Publications
"A Quick and Easy Recipe for Hypergunk," Australasian Journal of Philosophy, forthcoming.
"Labyrinth of Continua," Philosophia Mathematica, forthcoming.
"Infinitesimal Comparisons: Homomorphisms between Giordano’s Ring and the Hyperreal Field," Notre Dame Journal of Formal Logic, forthcoming
"Zeno's Arrow and the Infinitesimal Calculus," Synthese, Vol. 192, No. 5, May 2015, doi: 10.1007/s11229-014-0620-1
"Parts of Singletons," with Ben Caplan and Chris Tillman, Journal of Philosophy, Vol. CVII, No. 10, Oct 2010, (click to download)
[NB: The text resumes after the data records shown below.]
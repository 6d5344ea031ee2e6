-- ===== src/Bram/Invariant/Memory.antt =====
-- The memory holds the stores that are done, and a load that may return gets its expected value:
-- lsq/LoadStoreQueueBRAM.hpp lines 341-388.
use elastic_sycl_hls.Prelude.{
  ℕ, zero, suc, ◌≤◌, ◌<◌, ◌≡◌, ◌≢◌, ◌⊎◌, inl, inr, Bool, true, false, ◌&&◌, ◌||◌, Bool-cases, none,
  some, arith, refl, sym, ◌∙◌, if◌then◌else◌, ℕ_discrete,
}
use elastic_sycl_hls.Prelude.Int.{ℤ, ==ℤ_iff, ==ℤ_refl, ==ℤ_ne}
use elastic_sycl_hls.Bram.State.{Config, StAlloc, LdEntry}
use elastic_sycl_hls.Bram.Stores.{StVal, commit_store, mk_dependency-true}
use elastic_sycl_hls.Bram.Loads.{Return, bypasses, pipe_succ, write_load, return_load, return_port}
use elastic_sycl_hls.Bram.Program.{Program, mem_after, commits, expected}
use elastic_sycl_hls.Bram.Invariant.{Holds}
use elastic_sycl_hls.Bram.Invariant.Values.{Arrival}

module _ {V : Type 0} (cfg : Config) (p : Program V) where
  -- Stores to other addresses do not change a word.
  mem_after-same :
      (c t : ℕ) (a : ℤ)
      → c ≤ t
      → ((k : ℕ) → c < k → k ≤ t → p.st_addr k ≢ a)
      → mem_after cfg p t a ≡ mem_after cfg p c a
  unfolding mem_after
  mem_after-same zero zero a le h = refl
  mem_after-same (suc c) zero a le h = absurd (omega arith)
  mem_after-same c (suc t) a le h = elim (ℕ_discrete c (suc t)) [
    | yes same ↦ rw same
    | no more ↦ ground (
      arith,
      ==ℤ_ne (p.st_addr (suc t)) a (h (suc t) (omega arith) (omega arith)),
      mem_after-same c t a (omega arith) (λ k lo hi. h k lo (omega arith)),
    )
  ]

  module _ (byte_of : V → ℤ) where
    pub commit_store-mem_after :
        (c r : ℕ) (st : StVal V) (head : StAlloc) (ld_memory_val : V) (mem : ℤ → V) (a : ℤ)
        → Arrival cfg p c r st
        → (st.arrived ≡ true → head.addr ≡ p.st_addr (suc c))
        → ((b : ℤ) → mem b ≡ mem_after cfg p c b)
        → commit_store cfg byte_of ld_memory_val st head mem a
          ≡ mem_after cfg p (if st.arrived then suc c else c) a
    unfolding commit_store mem_after
    commit_store-mem_after c r st head junk mem a arr addr h = elim (Bool-cases st.arrived) [
      | inl yes' ↦
          rw (arr.valid, yes', mk_dependency-true (byte_of junk), addr yes', arr.value yes', h a)
            (ground arith)
      | inr not_yet ↦ rw (arr.valid, not_yet) (h a)
    ]

  bypass-expected :
      (c n i r : ℕ) (st : StVal V) (head : StAlloc) (e : LdEntry)
      → Arrival cfg p c r st
      → (st.arrived ≡ true → (head.addr ≡ p.st_addr (suc c)) × (head.tag ≡ suc c))
      → Holds p c n i e
      → bypasses st.valid head e ≡ true
      → st.value ≡ expected cfg p i
  unfolding bypasses mem_after
  bypass-expected c n i r st head e arr h (a, t, port, safe) b =
      let arrived : st.arrived ≡ true = ground arith in
      let (addr, tag) = h arrived in
      let valid : commits cfg p (suc c) ≡ true = ground arith in
      let same : p.ld_addr i ≡ p.st_addr (suc c) = ground (arith, ==ℤ_iff head.addr e.addr) in
      let last : p.ld_tag i ≡ suc c = ground arith in
      arr.value arrived ∙ rw (last, same, valid, ==ℤ_refl (p.st_addr (suc c)))

  safe-expected :
      (c n i : ℕ) (e : LdEntry) (mem_val : V)
      → Holds p c n i e
      → c ≤ p.ld_tag i
      → mem_val ≡ mem_after cfg p c e.addr
      → e.is_safe ≡ true
      → mem_val ≡ expected cfg p i
  safe-expected c n i e mem_val (a, t, port, safe) le m s =
      m ∙ rw (sym a, sym t) (sym (mem_after-same c e.tag e.addr (omega arith) (safe s).1))

  -- The head of the load queue, which holds load `i`, after the rule that returns load values: the
  -- load is returned with the value that it is to have, or it stays, with that value if it has one.
  abbrev pub ReturnedWell : ℕ → ℕ → ℕ → LdEntry → Return V → Type 0
  ReturnedWell c n i e ret =
      ((ret.written ≡ some (return_port cfg e, expected cfg p i)) × (ret.head.addr_valid ≡ false))
      ⊎ ((ret.written ≡ none)
          × (ret.head.addr_valid ≡ true)
          × Holds p c n i ret.head
          × (ret.head.val_valid ≡ true → ret.ld_val ≡ expected cfg p i))

  write_load-ReturnedWell :
      (c n i : ℕ) (ready : ℕ → Bool) (v : V) (e : LdEntry)
      → e.addr_valid ≡ true
      → Holds p c n i e
      → v ≡ expected cfg p i
      → ReturnedWell c n i e (write_load cfg ready v e)
  unfolding write_load
  write_load-ReturnedWell c n i ready v e valid h q = elim (Bool-cases (pipe_succ cfg ready e)) [
    | inl sent ↦ rw (sent, q) (inl (refl, refl))
    | inr full ↦ rw full (inr (refl, valid, h, λ _. q))
  ]

  pub return_load-ReturnedWell :
      (c n i r : ℕ) (ready : ℕ → Bool) (st : StVal V) (head : StAlloc) (mem_val ld_val : V)
      (e : LdEntry)
      → Arrival cfg p c r st
      → (st.arrived ≡ true → (head.addr ≡ p.st_addr (suc c)) × (head.tag ≡ suc c))
      → e.addr_valid ≡ true
      → Holds p c n i e
      → c ≤ p.ld_tag i
      → mem_val ≡ mem_after cfg p c e.addr
      → (e.val_valid ≡ true → ld_val ≡ expected cfg p i)
      → ReturnedWell c n i e
          (return_load cfg ready (bypasses st.valid head e) st.value mem_val ld_val e)
  unfolding return_load
  return_load-ReturnedWell c n i r ready st head mem_val ld_val e arr h valid o le m val =
      elim (Bool-cases (e.addr_valid && (bypasses st.valid head e || e.is_safe))) [
        | inl may ↦ rw may (write_load-ReturnedWell c n i ready _ e valid o (right may))
        | inr not_yet ↦ rw not_yet (inr (refl, valid, o, val))
      ]
    where
      bypass : Bool
      bypass = bypasses st.valid head e

      right :
          (e.addr_valid && (bypass || e.is_safe)) ≡ true
          → (if e.val_valid then ld_val else if bypass then st.value else mem_val)
            ≡ expected cfg p i
      right may = elim (Bool-cases e.val_valid) [
        | inl kept ↦ rw kept (val kept)
        | inr fresh ↦ elim (Bool-cases bypass) [
          | inl b ↦ rw (b, fresh) (bypass-expected c n i r st head e arr h o b)
          | inr nb ↦ rw (nb, fresh) (safe-expected c n i e mem_val o le m (ground arith))
        ]
      ]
"A Scientific Enterprise?: Penelope Maddy’s Second Philosophy," with Stewart Shapiro, Philosophia Mathematica, Vol. 17, No. 2, 2009, (click to download)
Presentations
"Locating Success and Failure in Applying Nonstandard Analysis to Euler's Introductio," Joint International Meeting of the American Mathematical Society and the Israeli Mathematical Union, special session on history and philosophy of mathematics, Bar-Ilan University, 2014
"The Labyrinth of the Continuum," Kenyon College, 2013
"A 'Non-standard Analysis' of Euler's Introductio in Analysin Infinitorum,'' Midwestern Philosophy of Mathematics Workshop, Notre Dame, 2012
"Parts of Singletons," with Ben Caplan and Chris Tillman, APA Pacific Division Meeting, 2010
Honors
Early Career Survey Article Competition, Philosophia Mathematica (One of Six Winners), 2013
Dissertation Abstract
Infinitesimals for Metaphysics: Consequences for the Ontologies of Space and Time
In my dissertation, I defend unorthodox conceptions of the continuum as both conceptually viable and philosophically fruitful. In the first chapter, I argue that the orthodox conception of the continuum---which comes to us from Georg Cantor and Richard Dedekind, and which uses the real numbers as a model---doesn't satisfy all of our intuitions about the continuum; indeed, none of the conceptions of the continuum does. This opens up conceptual room for my defense of unorthodox conceptions of the continuum. In the second chapter, I argue that an unorthodox conception of continuum, one that is based on the infinitesimals---numbers that are as small as infinity is large---provides a novel solution to what I call the "problem of contact," which is that pairs of material bodies with certain topological profiles are unable to touch without counterintuitive consequences. My solution accounts for the possibility that material bodies can come into contact regardless of their topological profiles. In the third chapter, I argue that two other unorthodox conceptions of the continuum can provide the basis for a solution to Zeno's paradox of the arrow; specifically, I argue that the present moment is infinitesimally extended in time. Given that the orthodox conception of the continuum conflicts with our intuitions and that the unorthodox conceptions can be usefully deployed in philosophical debates, I conclude that the unorthodox conceptions should be granted equal consideration in solving relevant philosophical puzzles.
Thesis Abstract (for MSc)
Internal Set Theory and Euler's Introductio in Analysin Infinitorum
In Leonhard Euler's seminal work Introductio in Analysin Infinitorum (1748), he readily used infinite numbers and infinitesimals in many of his proofs. We aim to reformulate a group of proofs from the Introductio using concepts and techniques from Abraham Robinson's celebrated Nonstandard Analysis (NSA); in particular, we will use Internal Set Theory, Edward Nelson's distinctive version of NSA. We will specifically examine Euler's proofs of the Euler formula, the Euler product, the Wallis product and the divergence of the harmonic series. All of these results have been proved in subsequent centuries using epsilontic (ε-δ) arguments. In some cases, the epsilontic arguments differ significantly from Euler's original proofs. We will compare and contrast the epsilontic proofs with those we have developed by following Euler more closely through NSA. We claim that NSA possesses the tools to provide appropriate proxies of some--but not all--of the inferential moves found in the Introductio.